(Input for this task Opens)
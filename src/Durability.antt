-- ===== src/Durability.antt =====
-- durability.py: the append-only event ledger with its idempotent commands, its deliveries and
-- its run projections. This file has the data; the children have the operations and the proofs.
pub mod Reduce
pub mod Append
pub mod Verify
pub mod Chain
pub mod Projection
pub mod Invariant
pub mod Commands
pub mod Outbox
pub mod Atomic
pub mod Lifecycle
pub mod Schema
pub mod Deliveries
pub mod Reachable
pub mod Cursor
pub mod Pages
mod Tests
use aegis_framework_platform.Base.{
  or_default, ℕ, String, Bool, Option, none, some, List, [], string_eq, pair_eq,
}
use aegis_framework_platform.Base.Dict.{Dict, get}
use aegis_framework_platform.Runtime.{Json, Payload}

pub data RunStatus : Type 0 where
  queued running waiting completed failed cancel_requested cancelled timed_out : RunStatus

pub data DeliveryStatus : Type 0 where
  pending claimed delivered dead_letter : DeliveryStatus

-- Identifiers are texts, and instants are counted from the epoch.
pub record EventDraft : Type 0 where
  pub event_id : String
  pub event_type : String
  pub occurred_at : ℕ
  pub actor_ref : String
  pub correlation_ref : String
  pub causation_ref : Option String
  pub schema_version : ℕ
  pub payload : Payload

-- `ApplicationEvent(..., **draft.model_dump(), ...)`: the draft's fields are the event's.
pub record ApplicationEvent : Type 0 where
  pub tenant_id : String
  pub aggregate_type : String
  pub aggregate_id : String
  pub aggregate_sequence : ℕ
  pub tenant_cursor : ℕ
  pub draft : EventDraft
  pub open draft use *
  pub aggregate_previous_hash : String
  pub tenant_previous_hash : String
  pub record_hash : String

pub record OutboxDraft : Type 0 where
  pub message_id : String
  pub destination : String
  pub message_type : String
  pub available_at : ℕ
  pub payload : Payload

pub record InboxDraft : Type 0 where
  pub message_id : String
  pub source : String
  pub message_type : String
  pub payload : Payload

pub record DeliveryRecord : Type 0 where
  pub tenant_id : String
  pub message_id : String
  pub direction : String
  pub destination : String
  pub message_type : String
  pub status : DeliveryStatus
  pub attempts : ℕ
  pub available_at : ℕ
  pub claim_token : Option String
  pub claim_until : Option ℕ
  pub last_error_code : Option String
  pub payload : Payload

pub record DeliveryClaim : Type 0 where
  pub tenant_id : String
  pub message_id : String
  pub claim_token : String
  pub destination : String
  pub message_type : String
  pub attempt : ℕ
  pub payload : Payload

pub record ProjectionCheckpoint : Type 0 where
  pub tenant_id : String
  pub projection_name : String
  pub last_cursor : ℕ
  pub last_event_hash : String
  pub version : ℕ

pub record RunView : Type 0 where
  pub tenant_id : String
  pub run_id : String
  pub incident_id : String
  pub request_ref : String
  pub workflow_id : String
  pub status : RunStatus
  pub version : ℕ
  pub last_cursor : ℕ
  pub created_at : ℕ
  pub updated_at : ℕ
  pub failure_code : Option String
  pub replayed : Bool

abbrev pub zero_hash : String
zero_hash = "0000000000000000000000000000000000000000000000000000000000000000"

abbrev pub max_events_per_append : ℕ
max_events_per_append = 32

abbrev pub max_delivery_attempts : ℕ
max_delivery_attempts = 5

abbrev pub max_resume_commands : ℕ
max_resume_commands = 32

pub record AggregateHead : Type 0 where
  pub sequence : ℕ
  pub record_hash : String

abbrev pub no_aggregate : AggregateHead
no_aggregate = record { sequence = 0; record_hash = zero_hash }

pub record TenantHead : Type 0 where
  pub cursor : ℕ
  pub record_hash : String

abbrev pub no_tenant : TenantHead
no_tenant = record { cursor = 0; record_hash = zero_hash }

pub record IdempotencyRecord : Type 0 where
  pub fingerprint : String
  pub run_id : String

-- The fields of `InMemoryDurability`; the lock makes each method one step. A key of two parts
-- that the source writes as a triple is nested to the right.
pub record Durability : Type 0 where
  pub events : Dict String (List ApplicationEvent)
  pub aggregate_heads : Dict (String × (String × String)) AggregateHead
  pub tenant_heads : Dict String TenantHead
  pub event_ids : List (String × String)
  pub idempotency : Dict (String × String) IdempotencyRecord
  pub deliveries : Dict (String × (String × String)) DeliveryRecord
  pub runs : Dict (String × String) RunView
  pub projection_checkpoints : Dict (String × String) ProjectionCheckpoint

-- `InMemoryDurability.__init__`
abbrev pub init : Durability
init = record {
  events = [];
  aggregate_heads = [];
  tenant_heads = [];
  event_ids = [];
  idempotency = [];
  deliveries = [];
  runs = [];
  projection_checkpoints = [];
}

-- `self._events.get(tenant_id, ())`
abbrev pub tenant_events : Durability → String → List ApplicationEvent
tenant_events s tenant_id = or_default (get tenant_id s.events) []

abbrev pub aggregate_head : Durability → String × (String × String) → AggregateHead
aggregate_head s key = or_default (get key s.aggregate_heads) no_aggregate

abbrev pub tenant_head : Durability → String → TenantHead
tenant_head s tenant_id = or_default (get tenant_id s.tenant_heads) no_tenant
(Input for this task Closes)
* Exercise
The string "RunStatus" marks the lines to copy; report each of them from the data above.

* Output of the exercise
pub data RunStatus : Type 0 where
  queued running waiting completed failed cancel_requested cancelled timed_out : RunStatus
  pub status : RunStatus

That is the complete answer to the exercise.